Growth in graduate programs
Graduate programming on the University of South Florida’s Sarasota-Manatee campus continued to expand this fall as USF welcomed the largest and highest achieving first-year class in its history. On the Sarasota-Manatee campus, the number of incoming graduate students is triple what it was last year. Of the six advanced degree programs offered on the Sarasota-Manatee campus, four — hospitality, business administration, criminal justice and social work — experienced significant growth thanks to creative campus leadership.
ONE USF
Major stories affecting all of USF in 2022 included:
- Rhea Law was named president of USF in March, the first alumna to serve in the role. Under her leadership, the university experienced the most transformational legislative session in USF history, with record-setting investments in operations on all three USF campuses.
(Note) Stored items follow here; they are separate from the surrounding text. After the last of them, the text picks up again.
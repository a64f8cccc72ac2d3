-- ===== src/Redactor/Rows.antt =====
-- What leaves the device of a row that is redacted.
use mathlib.Core.Path.{subst}
use bare_network_inspect.Base.{
  ℕ, ◌≡◌, refl, arith, ◌⊎◌, inl, inr, Bool, true, false, Option, none, some, List, [], ◌∷◌, ◌++◌,
  length, if◌then◌else◌, JsString, ascii, Option-cases, same, map_get, set_has, All,
}
use bare_network_inspect.Registry.{PeerRegistry}
use bare_network_inspect.Utf8.{utf8_encode}
use bare_network_inspect.Redactor.{
  Value, Row, boolean, number, text, object, end, field, summarize_shape, fnv1a_hex, to_bytes,
  Redactor, allows_body, hash_text, redact_url, FieldClass, ciphertext_field, peer_field, url_field,
  text_field, body_field, open_field, is_text, is_undefined, class_of, redact_string,
  summarize_body, summarize_ciphertext, redact_value, keep_field, redact_fields, redact,
}
use bare_network_inspect.Redactor.Safe.{
  IsShape, ArePeers, IsTypedField, HidesPeers, IsShape-summarize_shape,
  HidesPeers-redact_peer_value,
}

module _ {F : Type 0} (of_byte : ℕ → F) (of_length : ℕ → F) (stringify : Value F → JsString)
    (parse_url : JsString → Option (JsString × JsString)) where
  -- The protocol and the host that `new URL` finds in a text, or the mark of an unreadable one.
  abbrev pub IsHost : Value F → Value F → Type 0
  IsHost v w =
      (raw : JsString) × ((v ≡ text raw)
        × (((parse_url raw ≡ none) × (w ≡ text (ascii "[unparseable-url-redacted]")))
            ⊎ ((protocol host : JsString) × (parse_url raw ≡ some (protocol, host))
                × (w ≡ text (protocol ++ ascii "//" ++ host)))))

  abbrev bytes_of : Value F → List ℕ
  bytes_of v = to_bytes of_byte stringify v

  -- What may be exported for the value of a field of each class.
  abbrev pub IsHidden : Bool → FieldClass → Value F → Value F → Type 0
  IsHidden allowed ciphertext_field v w =
      w
      ≡ object (
          field (ascii "byteLength") (number (of_length (length (bytes_of v)))) (
            field (ascii "hash") (text (fnv1a_hex (bytes_of v)))
              (field (ascii "encrypted") (boolean true) end)))
  IsHidden allowed peer_field v w = HidesPeers v w
  IsHidden allowed url_field v w = IsHost v w
  IsHidden allowed text_field v w =
      (s : JsString) × ((v ≡ text s) × (w ≡ text (ascii "h_" ++ fnv1a_hex (utf8_encode s))))
  IsHidden allowed body_field v w =
      ((allowed ≡ true) × (w ≡ v))
      ⊎ ((shape : Value F) × (IsShape shape
            × (w
                ≡ object (
                    field (ascii "byteLength") (number (of_length (length (bytes_of v)))) (
                      field (ascii "hash") (text (fnv1a_hex (bytes_of v)))
                        (field (ascii "shape") shape end))))))
  IsHidden allowed open_field v w = w ≡ v

  -- What the lists of a redactor ask of the exported value `w` for `v`; the earlier list decides.
  pub record HidesField (r : Redactor) (allowed : Bool) (key : JsString) (v w : Value F)
      : Type 0 where
    pub ciphertext :
        set_has same key r.ciphertext_fields ≡ true → IsHidden allowed ciphertext_field v w
    pub peer :
        set_has same key r.ciphertext_fields ≡ false
        → set_has same key r.peer_fields ≡ true
        → HidesPeers v w
    pub url :
        set_has same key r.ciphertext_fields ≡ false
        → set_has same key r.peer_fields ≡ false
        → set_has same key r.url_fields ≡ true
        → IsHost v w
    pub reason :
        set_has same key r.ciphertext_fields ≡ false
        → set_has same key r.peer_fields ≡ false
        → set_has same key r.url_fields ≡ false
        → set_has same key r.text_fields ≡ true
        → IsHidden allowed text_field v w
    pub body :
        set_has same key r.ciphertext_fields ≡ false
        → set_has same key r.peer_fields ≡ false
        → set_has same key r.url_fields ≡ false
        → set_has same key r.text_fields ≡ false
        → set_has same key r.body_fields ≡ true
        → IsHidden allowed body_field v w
    pub other :
        set_has same key r.ciphertext_fields ≡ false
        → set_has same key r.peer_fields ≡ false
        → set_has same key r.url_fields ≡ false
        → set_has same key r.text_fields ≡ false
        → set_has same key r.body_fields ≡ false
        → w ≡ v

  HidesField-class :
      (r : Redactor) (allowed : Bool) (key : JsString) (v w : Value F)
      → (set_has same key r.url_fields ≡ true → is_text v ≡ true)
      → (set_has same key r.text_fields ≡ true → is_text v ≡ true)
      → IsHidden allowed (class_of r key v) v w
      → HidesField r allowed key v w
  unfolding class_of
  HidesField-class r allowed key v w url reason h =
      let to : (c : FieldClass) → class_of r key v ≡ c → IsHidden allowed c v w =
        λ c e. subst (λ (c : FieldClass). IsHidden allowed c v w) e h in
      record {
        ciphertext = λ a. to ciphertext_field (ground arith);
        peer = λ a b. to peer_field (ground arith);
        url = λ a b c. let s = url c in to url_field (ground arith);
        reason = λ a b c d. let s = reason d in to text_field (ground arith);
        body = λ a b c d e. to body_field (ground arith);
        other = λ a b c d e. to open_field (ground arith);
      }

  -- One field of the row, and those behind it: left out, or the first of the output.
  abbrev FieldHidden :
      Redactor → Bool → (skipped : Bool) → JsString → Value F → (Row F → Type 0) → Row F → Type 0
  FieldHidden r allowed true key v rest out = rest out
  FieldHidden r allowed false key v rest [] = ⊥
  FieldHidden r allowed false key v rest ((k, w) ∷ out) =
      (k ≡ key) × HidesField r allowed key v w × rest out

  -- The fields of the output are those of the row that are not undefined, in order, each hidden as the
  -- lists of the redactor ask.
  abbrev pub AreHidden : Redactor → Bool → Row F → Row F → Type 0
  AreHidden r allowed [] [] = Unit {0}
  AreHidden r allowed [] (e ∷ out) = ⊥
  AreHidden r allowed ((key, v) ∷ row) out =
      FieldHidden r allowed (is_undefined v) key v (AreHidden r allowed row) out

  peer_peers :
      (r : Redactor) (key : JsString) (v : Value F)
      → class_of r key v ≡ peer_field
      → set_has same key r.peer_fields ≡ true
  unfolding class_of
  peer_peers r key v h = ground arith

  url_text :
      (r : Redactor) (key : JsString) (v : Value F)
      → class_of r key v ≡ url_field
      → is_text v ≡ true
  unfolding class_of
  url_text r key v h = ground arith

  reason_text :
      (r : Redactor) (key : JsString) (v : Value F)
      → class_of r key v ≡ text_field
      → is_text v ≡ true
  unfolding class_of
  reason_text r key v h = ground arith

  IsHost-redact_url :
      (v : Value F) → is_text v ≡ true → IsHost v (redact_string (redact_url parse_url) v)
  unfolding redact_string redact_url is_text
  IsHost-redact_url (text s) h = elim (Option-cases (parse_url s)) [
    | inl e ↦ (s, (refl, inl (e, ground arith)))
    | inr ((p, host), e) ↦ (s, (refl, inr (p, host, e, ground arith)))
  ]
  IsHost-redact_url v h = absurd (ground arith)

  hashed_text :
      (v : Value F)
      → is_text v ≡ true
      → (s : JsString) × ((v ≡ text s)
          × (redact_string hash_text v ≡ text (ascii "h_" ++ fnv1a_hex (utf8_encode s))))
  unfolding redact_string hash_text is_text
  hashed_text (text s) h = (s, (refl, refl))
  hashed_text v h = absurd (ground arith)

  IsHidden-redact_value :
      (r : Redactor) (allowed : Bool) (c : FieldClass) (reg reg' : PeerRegistry) (v w : Value F)
      → (c ≡ peer_field → ArePeers v)
      → (c ≡ url_field → is_text v ≡ true)
      → (c ≡ text_field → is_text v ≡ true)
      → redact_value of_byte of_length stringify parse_url r allowed c reg v ≡ some (reg', w)
      → IsHidden allowed c v w
  unfolding redact_value summarize_ciphertext summarize_body
  IsHidden-redact_value r allowed ciphertext_field reg reg' v w p u t h = ground arith
  IsHidden-redact_value r allowed peer_field reg reg' v w p u t h =
      HidesPeers-redact_peer_value reg reg' v w (p refl) h
  IsHidden-redact_value r allowed url_field reg reg' v w p u t h =
      let q : redact_string (redact_url parse_url) v ≡ w = ground arith in
      rw (← q) (IsHost-redact_url v (u refl))
  IsHidden-redact_value r allowed text_field reg reg' v w p u t h =
      let q : redact_string hash_text v ≡ w = ground arith in rw (← q) (hashed_text v (t refl))
  IsHidden-redact_value r true body_field reg reg' v w p u t h = inl (refl, ground arith)
  IsHidden-redact_value r false body_field reg reg' v w p u t h = inr (
    summarize_shape r.max_shape_depth v,
    (IsShape-summarize_shape r.max_shape_depth v, ground arith),
  )
  IsHidden-redact_value r allowed open_field reg reg' v w p u t h = ground arith

  AreHidden-redact_fields :
      (r : Redactor) (allowed : Bool) (reg reg' : PeerRegistry) (row out : Row F)
      → All (IsTypedField r) row
      → redact_fields of_byte of_length stringify parse_url r allowed reg row ≡ some (reg', out)
      → AreHidden r allowed row out
  unfolding redact_fields keep_field
  AreHidden-redact_fields r allowed reg reg' [] out ty h =
      let q : [] ≡ out = ground arith in rw (← q) tt
  AreHidden-redact_fields r allowed reg reg' ((key, v) ∷ row) out ty h =
      go (is_undefined v) ty.0 h
        (λ reg reg' out k. AreHidden-redact_fields r allowed reg reg' row out ty.1 k)
    where
      go :
          (b : Bool)
          → (b ≡ true)
            ⊎ ((set_has same key r.peer_fields ≡ true → ArePeers v)
                × ((set_has same key r.url_fields ≡ true → is_text v ≡ true)
                    × (set_has same key r.text_fields ≡ true → is_text v ≡ true)))
          → (if b
              then redact_fields of_byte of_length stringify parse_url r allowed reg row
              else keep_field of_byte of_length stringify parse_url key
                  (redact_value of_byte of_length stringify parse_url r allowed
                    (class_of r key v)
                    reg
                    v)
                  (λ reg'. redact_fields of_byte of_length stringify parse_url r allowed reg' row))
            ≡ some (reg', out)
          → ((reg reg' : PeerRegistry) (out : Row F)
              → redact_fields of_byte of_length stringify parse_url r allowed reg row
                ≡ some (reg', out)
              → AreHidden r allowed row out)
          → FieldHidden r allowed b key v (AreHidden r allowed row) out
      go true y h all = all reg reg' out h
      go false (inl e) h all = absurd (ground arith)
      go false (inr (peers, (url, reason))) h all =
          let first =
            redact_value of_byte of_length stringify parse_url r allowed (class_of r key v) reg v in
          elim (Option-cases first) [
            | inl e ↦ absurd (ground arith)
            | inr ((reg1, w), e) ↦
                elim (Option-cases
                  (redact_fields of_byte of_length stringify parse_url r allowed reg1 row)) [
                    | inl g ↦ absurd (ground arith)
                    | inr ((reg2, rest), g) ↦
                        let q : (key, w) ∷ rest ≡ out = ground arith in
                        rw (← q) (
                          refl,
                          HidesField-class r allowed key v w url reason (
                              IsHidden-redact_value r allowed (class_of r key v) reg reg1 v w
                                (λ c. peers (peer_peers r key v c)) (url_text r key v)
                                (reason_text r key v) e),
                          all reg1 reg2 rest g,
                        )
                  ]
          ]

  -- Of a row whose fields for peers have strings or arrays of peers, and whose fields for URLs and
  -- for free text have strings, nothing leaves but the fields that are not undefined, under their
  -- keys and in order: a ciphertext as its length and hash, each peer as its hash and the
  -- broadcast as itself, a URL as its protocol and host or as a mark that it has none, a free text
  -- as its hash, a body as its length, hash and a shape without values unless the method is
  -- allowed, and any other field as it is.
  pub redact-AreHidden :
      (r : Redactor) (reg reg' : PeerRegistry) (row out : Row F)
      → All (IsTypedField r) row
      → redact of_byte of_length stringify parse_url r reg row ≡ some (reg', out)
      → AreHidden r (allows_body r (map_get same (ascii "method") row)) row out
  unfolding redact
  redact-AreHidden r reg reg' row out ty h =
      AreHidden-redact_fields r (allows_body r (map_get same (ascii "method") row)) reg reg' row out
        ty h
She also led the effort to complete USF’s new five-year strategic plan.
- USF hit an all-time high on U.S. News & World Report’s annual ranking of the best colleges in the United States: No. 42 among all public universities and No. 97 among all universities, public or private.
- Philanthropic gifts to USF exceeded $151 million, from more than 34,000 donors, in fiscal year 2021-22, the most generous level of support in the institution’s nearly 70-year history.
- USF received the 2022 Higher Education Excellence in Diversity Award, which recognizes U.S. colleges and universities that demonstrate an outstanding commitment to diversity and inclusion.
- Forbes named USF as one of America’s best employers for women — No. 22 — and as one of the best employers overall in Florida. In America’s Best Employers by State, USF ranked No. 21 out of 100 public and private employers across a wide array of Florida industries, and No. 2 among higher education institutions.